Boxster and 911 owners always doing that...no different to 'youngsters' driving around with front fog lights on or window just dropped and loud/awful/tasteless (IMO) music coming out of their car or the 'go-faster' stickers or driving around on a cold day in sub zero temps with the roof of the cabriolets/roadsters off/down or driving around in the midst of a heatwave with the cabriolet/roadster hardtop on... :?

I refer to these type of behaviours as that of the 'Jordan & Peter Andre' mentality aka CHAVSTERS...basically, these are from 'attention seeking' low self-esteem/low intelligence drivers... :roll:


----------



## Sandy_Dodgers (Jan 10, 2012)

Live 'n' let live...


----------



## psg001 (Jan 12, 2012)

Not really noticed it. I find people's bad driving habits far more annoying than any of the above eg. Driving right up your arse, not acknowledging when u give someone way, people not indicating etc...


----------



## [email protected] (Aug 4, 2009)

Sandy_Dodgers said:


> Live 'n' let live...


I suppose you are right...am off for a drive in my roadster roof down with my front fogs on and playing loud dance music...up & down your street...with my blonde gf with her low cut top :lol:


----------



## elansprint72 (Sep 22, 2011)

MINI-TTGuy said:


> You see the only problem with your theory is that if Audi really only intended for the spoiler to be raised at speed, they wouldn't have fitted a button to raise it whenever you want. Why do you think they did that? Of course, so you can raise the spoiler when spinning around at low speeds!


So that you can wash the area beneath the spoiler- where crud collects? Of course if the switch were not there it would not really matter because at "opening speed" (about 75 mph over the ground in my case) nobody would be able to see if the area was dirty, or not. :wink:

It's not very pretty when it is raised, is it?


----------



## IC_HOTT (May 29, 2010)

Offerman said:


> Hi Guys,
> 
> Long-time reader, first time poster. I feel it just smacks of boy-racer-ism, and being a complete idiot!! You just make yourself look a fool!


First time poser, sorry poster indeed :roll:

Bit harsh amongst a forum of enthusiasts, enthusiastic, indeed PROUD owners of a gorgeous car!
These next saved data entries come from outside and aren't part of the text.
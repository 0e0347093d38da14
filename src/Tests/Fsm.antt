-- ===== src/Tests/Fsm.antt =====
-- A rule over two packets and a rule over one packet, run by hand.
use mmt_security.Prelude.{
  ℕ, ◌+◌, ◌^◌, ◌≤◌, ◌<◌, ◌≡◌, refl, Option, none, some, List, [], ◌∷◌, Bool, true, false, ◌&&◌, not,
  ◌==◌, arith, length, Run, ok, Ensures, All, All-get, ◌⊎◌,
}
use mmt_security.Message.{Message}
use mmt_security.Fsm.{
  Fsm, State, Transition, Handled, create_instance, do_nothing, reset_timer, init, reset,
  handle_event, handle_with, fire_event, fire_timeout, pending_timeout, update_fsm, update_deadline,
  last_value, try_transitions, handle_single_packet, is_verifying_single_packet, guard_holds,
  no_state_change, state_changed, final_state_reached,
}
use mmt_security.Fsm.Valid.{IsTable, IsValid}
use mmt_security.Fsm.Returns.{Left}
use mmt_security.Fsm.Total.{handle_event_returns}
use mmt_security.Fsm.Firing.{IsOverdue, IsEnabled, change_needs_cause}
use mmt_security.Fsm.Deadline.{accepted_within_delay}
use mmt_security.Fsm.Single.{IsSinglePacket, store_first, single_against_general}

program : Unit {0}
unfolding init reset handle_event handle_with fire_event fire_timeout pending_timeout update_fsm
    update_deadline last_value try_transitions handle_single_packet is_verifying_single_packet
program = tt

abbrev pub message : ℕ → ℕ → ℕ → Message
message counter timestamp flow_id = record {
  counter = counter;
  timestamp = timestamp;
  flow_id = flow_id;
  elements = [];
  hash = 6;
}

-- The guards look at the flow of the message.
abbrev pub of_flow : ℕ → Option (Message → Fsm → Bool)
of_flow n = some (λ m f. m.flow_id == n)

abbrev pub first_event : Transition
first_event = record {
  event_type = 1;
  guard = of_flow 1;
  action = create_instance;
  target_state = 1;
}

abbrev pub second_event : Transition
second_event = record { event_type = 2; guard = of_flow 2; action = reset_timer; target_state = 3 }

abbrev pub timeout : Transition
timeout = record { event_type = 0; guard = none; action = do_nothing; target_state = 2 }

abbrev pub end : State
end = record { time_min = 0; time_max = 0; is_temporary = false; transitions = [] }

abbrev pub start : State
start = record { time_min = 0; time_max = 0; is_temporary = false; transitions = first_event ∷ [] }

abbrev pub waiting : State
waiting = record {
  time_min = 5;
  time_max = 100;
  is_temporary = false;
  transitions = timeout ∷ second_event ∷ [];
}

-- 0 starts, 1 waits, 2 is the error, 3 the success and 4 the inconclusive state.
abbrev pub states : List State
states = start ∷ waiting ∷ end ∷ end ∷ end ∷ []

abbrev pub bootstrap : Fsm
bootstrap = record {
  time_min = 0;
  time_max = 0;
  id = 0;
  current_event_id = 0;
  current_state = 0;
  init_state = 0;
  error_state = 2;
  incl_state = 4;
  success_state = 3;
  execution_trace = none ∷ none ∷ none ∷ [];
}

bootstrap-init : init 0 2 3 4 2 ≡ bootstrap
unfolding program
bootstrap-init = refl

-- The instance once it has seen its first event, at the time 1000.
abbrev pub instance_at_wait : Fsm
instance_at_wait = record bootstrap {
  current_state = 1;
  current_event_id = 1;
  time_min = 1005;
  time_max = 1100;
  execution_trace = none ∷ some (message 1 1000 1) ∷ none ∷ [];
}

abbrev created : Handled
created = record {
  value = state_changed;
  fsm = record bootstrap { current_event_id = 1 };
  new_fsm = some instance_at_wait;
}

first_packet : handle_event 2 states bootstrap 0 (message 1 1000 1) ≡ ok created
unfolding program
first_packet = refl

abbrev finished : Handled
finished = record {
  value = final_state_reached;
  fsm = record instance_at_wait {
    current_state = 3;
    current_event_id = 2;
    execution_trace = none ∷ some (message 1 1000 1) ∷ some (message 2 1050 2) ∷ [];
  };
  new_fsm = none;
}

second_packet : handle_event 2 states instance_at_wait 1 (message 2 1050 2) ≡ ok finished
unfolding program
second_packet = refl

states-IsTable : IsTable states 3
states-IsTable = record {
  target_in = λ s i h k.
      All-get (λ t. t.target_state < 5) _ i
        (All-get (λ st. All (λ t. t.target_state < 5) st.transitions) states s (omega arith) h) k;
  event_in = λ s i h k.
      All-get (λ t. t.event_type < 3) _ i
        (All-get (λ st. All (λ t. t.event_type < 3) st.transitions) states s (omega arith) h) k;
  narrow = λ s h. All-get (λ st. length st.transitions ≤ 2 ^ 16) states s (omega arith) h;
  settles = λ s i h k e t. cc (
      All-get (λ st. st.is_temporary ≡ false) states s (refl, (refl, (refl, (refl, (refl, tt)))))
        h);
}

instance_at_wait-IsValid : IsValid states instance_at_wait
instance_at_wait-IsValid = record {
  current_in = omega arith;
  init_in = omega arith;
  event_in = omega arith;
}

handle_event_returns_example :
    Ensures
      (handle_event 2 states instance_at_wait 1 (message 2 1050 2))
      (Left states instance_at_wait)
handle_event_returns_example =
    handle_event_returns states 3 states-IsTable (message 2 1050 2) 0 instance_at_wait waiting 1
      instance_at_wait-IsValid refl refl (omega arith)

change_needs_cause_example :
    (instance_at_wait.time_min ≤ 1050)
    × (((t : Transition) × IsOverdue waiting instance_at_wait (message 2 1050 2) t)
        ⊎ ((pending_timeout waiting instance_at_wait (message 2 1050 2) ≡ none)
            × IsEnabled instance_at_wait (message 2 1050 2) second_event))
change_needs_cause_example =
    change_needs_cause 1 states instance_at_wait 1 (message 2 1050 2) {s = waiting}
      {tran = second_event} refl refl {r = finished} second_packet refl

overdue : IsOverdue waiting instance_at_wait (message 2 1200 2) timeout
overdue = record {
  waiting = refl;
  started = omega arith;
  late = omega arith;
  first = refl;
  is_timeout = refl;
}

-- A rule over one packet: the second event is awaited without a delay.
abbrev pub second_at_once : Transition
second_at_once = record { event_type = 2; guard = of_flow 1; action = do_nothing; target_state = 3 }

abbrev pub at_once : State
at_once = record {
  time_min = 0;
  time_max = 0;
  is_temporary = true;
  transitions = timeout ∷ second_at_once ∷ [];
}

abbrev pub single_states : List State
single_states = start ∷ at_once ∷ end ∷ end ∷ end ∷ []

abbrev in_between : Fsm
in_between = record bootstrap { current_state = 1; current_event_id = 1 }

single-IsSinglePacket : IsSinglePacket single_states bootstrap first_event timeout second_at_once
single-IsSinglePacket = record {
  start = start;
  start_at = refl;
  start_out = refl;
  waiting = at_once;
  waiting_at = refl;
  waiting_out = refl;
  zero_delay = refl;
  end = end;
  end_at = refl;
  end_last = refl;
  slots = refl;
  first_event = refl;
  second_event = refl;
  timeout_event = refl;
}

single_against_general_example :
    Ensures (handle_event 2 single_states bootstrap 0 (message 1 1000 1)) λ r.
      Ensures (handle_single_packet single_states bootstrap (message 1 1000 1)) λ s.
        ((true
              && not (
                  guard_holds
                    (of_flow 1)
                    (message 1 1000 1)
                    (store_first bootstrap (message 1 1000 1))))
            ≡ false
          → r.value ≡ s.0)
        × ((true
                && not (
                    guard_holds
                      (of_flow 1)
                      (message 1 1000 1)
                      (store_first bootstrap (message 1 1000 1))))
              ≡ true
            → (r.value ≡ no_state_change) × (s.0 ≡ last_value bootstrap 2))
single_against_general_example =
    single_against_general single_states bootstrap first_event timeout second_at_once
      single-IsSinglePacket (message 1 1000 1) 0 (omega arith) (λ m f g e. refl) (λ m f g e. refl)
      refl

-- A rule over three packets enters a second waiting state, that may last until 1080.
abbrev third_event : Transition
third_event = record { event_type = 2; guard = of_flow 2; action = do_nothing; target_state = 5 }

abbrev next_wait : State
next_wait = record {
  time_min = 1;
  time_max = 30;
  is_temporary = false;
  transitions = timeout ∷ second_event ∷ [];
}

abbrev long_states : List State
long_states = start ∷ waiting ∷ end ∷ end ∷ end ∷ next_wait ∷ []

abbrev moved : Fsm
moved = record instance_at_wait {
  current_state = 5;
  time_min = 1051;
  time_max = 1080;
  execution_trace = none ∷ some (message 2 1050 2) ∷ none ∷ [];
}

refused : Fsm → ℕ → Run Handled
refused f i = ok (record { value = no_state_change; fsm = f; new_fsm = none })

entering :
    update_fsm refused long_states instance_at_wait third_event (message 2 1050 2)
    ≡ ok (state_changed, moved)
unfolding program
entering = refl

abbrev arrived : Handled
arrived = record {
  value = final_state_reached;
  fsm = record moved {
    current_state = 3;
    current_event_id = 2;
    execution_trace = none ∷ some (message 2 1050 2) ∷ some (message 3 1060 2) ∷ [];
  };
  new_fsm = none;
}

quiet : pending_timeout next_wait moved (message 3 1060 2) ≡ none
unfolding program
quiet = refl

accepted : handle_event 2 long_states moved 1 (message 3 1060 2) ≡ ok arrived
unfolding program
accepted = refl

accepted_within_delay_example : (1050 + 1 ≤ 1060) × (1060 ≤ 1050 + 30)
accepted_within_delay_example =
    accepted_within_delay refused long_states instance_at_wait moved third_event (message 2 1050 2)
      {w = next_wait} entering refl refl refl 1 1 (message 3 1060 2) {timeout = timeout}
      {r = arrived} (omega arith) (omega arith) (omega arith) refl refl quiet accepted refl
As an earlier post mentioned what the chuff do you think the spoiler button is for - its for ME to drive round town with my spoiler up at the weekend - its my car so I'll do what bloody hell I like, i hope you are outside right now washing and polishing yours because that's what it came out of the factory like and how Audi intended it to look !!!!!

Look forward to your more constructive and helpful posts over the next few months :wink:


----------



## dubberdean (Dec 22, 2011)

Offerman said:


> Hi Guys,
> 
> Long-time reader, first time poster.


Fancy trying again? :lol:


----------



## Mark 2 (Oct 18, 2011)

Offerman said:


> Hi Guys,
> 
> Long-time reader, first time poster.
> I did however want to vent my frustrations on something which, of late, I've started to notice and it really bugs me! I've started to see people driving around town or built-up areas with their spoiler up! Now I mean Audi designed the Active Spoiler with a reason, which I assume was to preserve the cars smooth lines and understated styling and only have a spoiler when it was actually needed! Now whilst some people might not notice, for people that do, i.e TT owners, I feel it just smacks of boy-racer-ism, and being a complete idiot!! You just make yourself look a fool! It's not meant to be up! It doesnt do anything at that speed - so why do it! If you want to create that look then purchase a proper static spoiler, or better yet go and buy a TTRS!
> ...


Congratulations Offerman on your first post. I fully understand your comment and respect your opinion however, There are many people who cant afford a TTRS and like to have their spoiler up as they prefer the look of it. I personally like the look of the spoiler up or down and its nice to have the option to switch. Maybe i am the idiot you have seen who knows, who cares, just enjoy your car and drive it the way you like it to look.


----------



## the minty1 (Mar 27, 2011)

Its up to the owner to do what they want, its their own car. 
Don't do it myself but hey everyone is different


----------



## T7 Doc (Jun 28, 2007)

Sometimes when you're driving behind me I raise and lower it just so you know I can and I look awesome 
[smiley=bomb.gif]


----------



## Toshiba (Jul 8, 2004)

MINI-TTGuy said:


> You see the only problem with your theory is that if Audi really only intended for the spoiler to be raised at speed, they wouldn't have fitted a button to raise it whenever you want. Why do you think they did that? Of course, so you can raise the spoiler when spinning around at low speeds!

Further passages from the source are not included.